-- ===== src/Gate/System.antt =====
-- What the stores of `New()` (internal/application/gate/service.go) keep over any run in which the
-- operations interleave.
use keelmesh.Prelude.{String, Bool, ◌≡◌, refl, some, List, [], ◌∷◌, All, Error, lookup, count}
use keelmesh.Gate.Types.{TaskRecord, AuditEvent}
use keelmesh.Gate.Memory.{Outside, events_of}
use keelmesh.Gate.Service.{Service}
use keelmesh.Gate.Shared.{Shared, shared_service, IsShared, shared_service-IsShared}
use keelmesh.Gate.Invariants.{SameTask, IsAudited, leads, state_of, recorded, pending_of}
use keelmesh.Gate.Invariants.Evolution.{Before, Before-refl, Before-trans}
use keelmesh.Gate.Moves.{Move, System, tasks_of, move, step, run, IsUndisturbed}
use keelmesh.Gate.Moves.Stores.{move-IsShared}
use keelmesh.Gate.Moves.Kept.{
  IsPast, later-Before, move-IsAudited, move-KeepsCancelled, move-Before,
}

module _ (render : Error → String) (o : Outside) where
  run-IsAudited_from :
      (sys : System) (ms : List Move)
      → IsShared sys.service
      → All IsUndisturbed ms
      → IsAudited sys.service.world
      → IsAudited (run render o sys ms).service.world
  unfolding run step
  run-IsAudited_from sys [] shared _ h = h
  run-IsAudited_from sys (m ∷ ms) shared (u, us) h =
      run-IsAudited_from (step render o sys m) ms (move-IsShared render o sys m shared) us
        (move-IsAudited render o sys m shared u h)

  run-Before :
      (sys : System) (ms : List Move)
      → IsShared sys.service
      → IsPast sys
      → Before (tasks_of sys) (tasks_of (run render o sys ms))
  unfolding run step
  run-Before sys [] shared past = Before-refl (tasks_of sys)
  run-Before sys (m ∷ ms) shared past =
      let next = (move render o sys m).world.memory.tasks in
      let b = move-Before render o sys m shared past in
      Before-trans (tasks_of sys) next (tasks_of (run render o (step render o sys m) ms)) b (
        run-Before (step render o sys m) ms (move-IsShared render o sys m shared)
          (b, later-Before (tasks_of sys) next sys.past b past))

  -- In a service that keeps the stores of `New()`, whatever operations interleave, with outbound
  -- dispatchers that do not write to the stores, and as long as no progress report is disturbed
  -- between its read and its write: the record of a task that is cancelled does not change, though a
  -- handler or a goroutine may have read the task before it was cancelled and write only now.
  pub run-cancelled :
      (sys : System) (ms : List Move) (id : String) (task : TaskRecord)
      → IsShared sys.service
      → All IsUndisturbed ms
      → lookup id (tasks_of sys) ≡ some task
      → task.state ≡ "cancelled"
      → lookup id (tasks_of (run render o sys ms)) ≡ some task
  unfolding run step
  run-cancelled sys [] id task shared _ found gone = found
  run-cancelled sys (m ∷ ms) id task shared (u, us) found gone =
      run-cancelled (step render o sys m) ms id task (move-IsShared render o sys m shared) us
        (move-KeepsCancelled render o sys m shared u id task found gone) gone

  -- In a service that keeps the stores of `New()`, whatever operations interleave from here on, also
  -- where a progress report writes over later changes, and with outbound dispatchers that do not
  -- write to the stores: a stored task is not lost, and keeps the channel, the target, the content,
  -- the attempt limit and the approval requirement that it has.
  pub run-SameTask :
      (s : Service Shared) (ms : List Move) (id : String) (task : TaskRecord)
      → IsShared s
      → lookup id s.world.memory.tasks ≡ some task
      → (new : TaskRecord) × (lookup id
            (tasks_of (run render o (record { service = s; past = [] }) ms))
          ≡ some new)
        × SameTask task new
  run-SameTask s ms id task shared found =
      run-Before (record { service = s; past = [] }) ms shared tt id task found

-- `New()`, before any call.
abbrev pub fresh_system : System
fresh_system = record { service = shared_service; past = [] }

fresh-IsAudited : IsAudited fresh_system.service.world
unfolding shared_service leads events_of state_of lookup recorded pending_of
fresh-IsAudited id = ([], refl, λ test. refl)

-- From `New()` on, whatever operations interleave, with outbound dispatchers that do not write to the
-- stores, and as long as no progress report is disturbed between its read and its write: the
-- events of every task, those in its trail and those that were written for and not yet appended,
-- have an order, each as often as it is there, in which the first starts from no state, each
-- starts in the state in which the one before it ends, and the last ends in the stored state. The
-- trail itself may have another order.
pub run-IsAudited :
    (render : Error → String) (o : Outside) (ms : List Move) (id : String)
    → All IsUndisturbed ms
    → let w = (run render o fresh_system ms).service.world in
      (history : List AuditEvent) × (leads "" history ≡ some (state_of w.memory id))
      × ((test : AuditEvent → Bool) → count test history ≡ count test (recorded id w))
run-IsAudited render o ms id undisturbed =
    run-IsAudited_from render o fresh_system ms shared_service-IsShared undisturbed fresh-IsAudited
      id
┄┄┄┄┄┄┄┄┄┄
[Your goal] The whole listing needs repeating. Match each line exactly.

[Output of the exercise]
-- ===== src/Gate/System.antt =====
-- What the stores of `New()` (internal/application/gate/service.go) keep over any run in which the
-- operations interleave.
use keelmesh.Prelude.{String, Bool, ◌≡◌, refl, some, List, [], ◌∷◌, All, Error, lookup, count}
use keelmesh.Gate.Types.{TaskRecord, AuditEvent}
use keelmesh.Gate.Memory.{Outside, events_of}
use keelmesh.Gate.Service.{Service}
use keelmesh.Gate.Shared.{Shared, shared_service, IsShared, shared_service-IsShared}
use keelmesh.Gate.Invariants.{SameTask, IsAudited, leads, state_of, recorded, pending_of}
use keelmesh.Gate.Invariants.Evolution.{Before, Before-refl, Before-trans}
use keelmesh.Gate.Moves.{Move, System, tasks_of, move, step, run, IsUndisturbed}
use keelmesh.Gate.Moves.Stores.{move-IsShared}
use keelmesh.Gate.Moves.Kept.{
  IsPast, later-Before, move-IsAudited, move-KeepsCancelled, move-Before,
}

module _ (render : Error → String) (o : Outside) where
  run-IsAudited_from :
      (sys : System) (ms : List Move)
      → IsShared sys.service
      → All IsUndisturbed ms
      → IsAudited sys.service.world
      → IsAudited (run render o sys ms).service.world
  unfolding run step
  run-IsAudited_from sys [] shared _ h = h
  run-IsAudited_from sys (m ∷ ms) shared (u, us) h =
      run-IsAudited_from (step render o sys m) ms (move-IsShared render o sys m shared) us
        (move-IsAudited render o sys m shared u h)

  run-Before :
      (sys : System) (ms : List Move)
      → IsShared sys.service
      → IsPast sys
      → Before (tasks_of sys) (tasks_of (run render o sys ms))
  unfolding run step
  run-Before sys [] shared past = Before-refl (tasks_of sys)
  run-Before sys (m ∷ ms) shared past =
      let next = (move render o sys m).world.memory.tasks in
      let b = move-Before render o sys m shared past in
      Before-trans (tasks_of sys) next (tasks_of (run render o (step render o sys m) ms)) b (
        run-Before (step render o sys m) ms (move-IsShared render o sys m shared)
          (b, later-Before (tasks_of sys) next sys.past b past))

  -- In a service that keeps the stores of `New()`, whatever operations interleave, with outbound
  -- dispatchers that do not write to the stores, and as long as no progress report is disturbed
  -- between its read and its write: the record of a task that is cancelled does not change, though a
  -- handler or a goroutine may have read the task before it was cancelled and write only now.
  pub run-cancelled :
      (sys : System) (ms : List Move) (id : String) (task : TaskRecord)
      → IsShared sys.service
      → All IsUndisturbed ms
      → lookup id (tasks_of sys) ≡ some task
      → task.state ≡ "cancelled"
      → lookup id (tasks_of (run render o sys ms)) ≡ some task
  unfolding run step
  run-cancelled sys [] id task shared _ found gone = found
  run-cancelled sys (m ∷ ms) id task shared (u, us) found gone =
      run-cancelled (step render o sys m) ms id task (move-IsShared render o sys m shared) us
        (move-KeepsCancelled render o sys m shared u id task found gone) gone

  -- In a service that keeps the stores of `New()`, whatever operations interleave from here on, also
  -- where a progress report writes over later changes, and with outbound dispatchers that do not
  -- write to the stores: a stored task is not lost, and keeps the channel, the target, the content,
  -- the attempt limit and the approval requirement that it has.
  pub run-SameTask :
      (s : Service Shared) (ms : List Move) (id : String) (task : TaskRecord)
      → IsShared s
      → lookup id s.world.memory.tasks ≡ some task
      → (new : TaskRecord) × (lookup id
            (tasks_of (run render o (record { service = s; past = [] }) ms))
          ≡ some new)
        × SameTask task new
  run-SameTask s ms id task shared found =
      run-Before (record { service = s; past = [] }) ms shared tt id task found

-- `New()`, before any call.
abbrev pub fresh_system : System
fresh_system = record { service = shared_service; past = [] }

fresh-IsAudited : IsAudited fresh_system.service.world
unfolding shared_service leads events_of state_of lookup recorded pending_of
fresh-IsAudited id = ([], refl, λ test. refl)

-- From `New()` on, whatever operations interleave, with outbound dispatchers that do not write to the
-- stores, and as long as no progress report is disturbed between its read and its write: the
-- events of every task, those in its trail and those that were written for and not yet appended,
-- have an order, each as often as it is there, in which the first starts from no state, each
-- starts in the state in which the one before it ends, and the last ends in the stored state. The
-- trail itself may have another order.
pub run-IsAudited :
    (render : Error → String) (o : Outside) (ms : List Move) (id : String)
    → All IsUndisturbed ms
    → let w = (run render o fresh_system ms).service.world in
      (history : List AuditEvent) × (leads "" history ≡ some (state_of w.memory id))
      × ((test : AuditEvent → Bool) → count test history ≡ count test (recorded id w))
run-IsAudited render o ms id undisturbed =
    run-IsAudited_from render o fresh_system ms shared_service-IsShared undisturbed fresh-IsAudited
      id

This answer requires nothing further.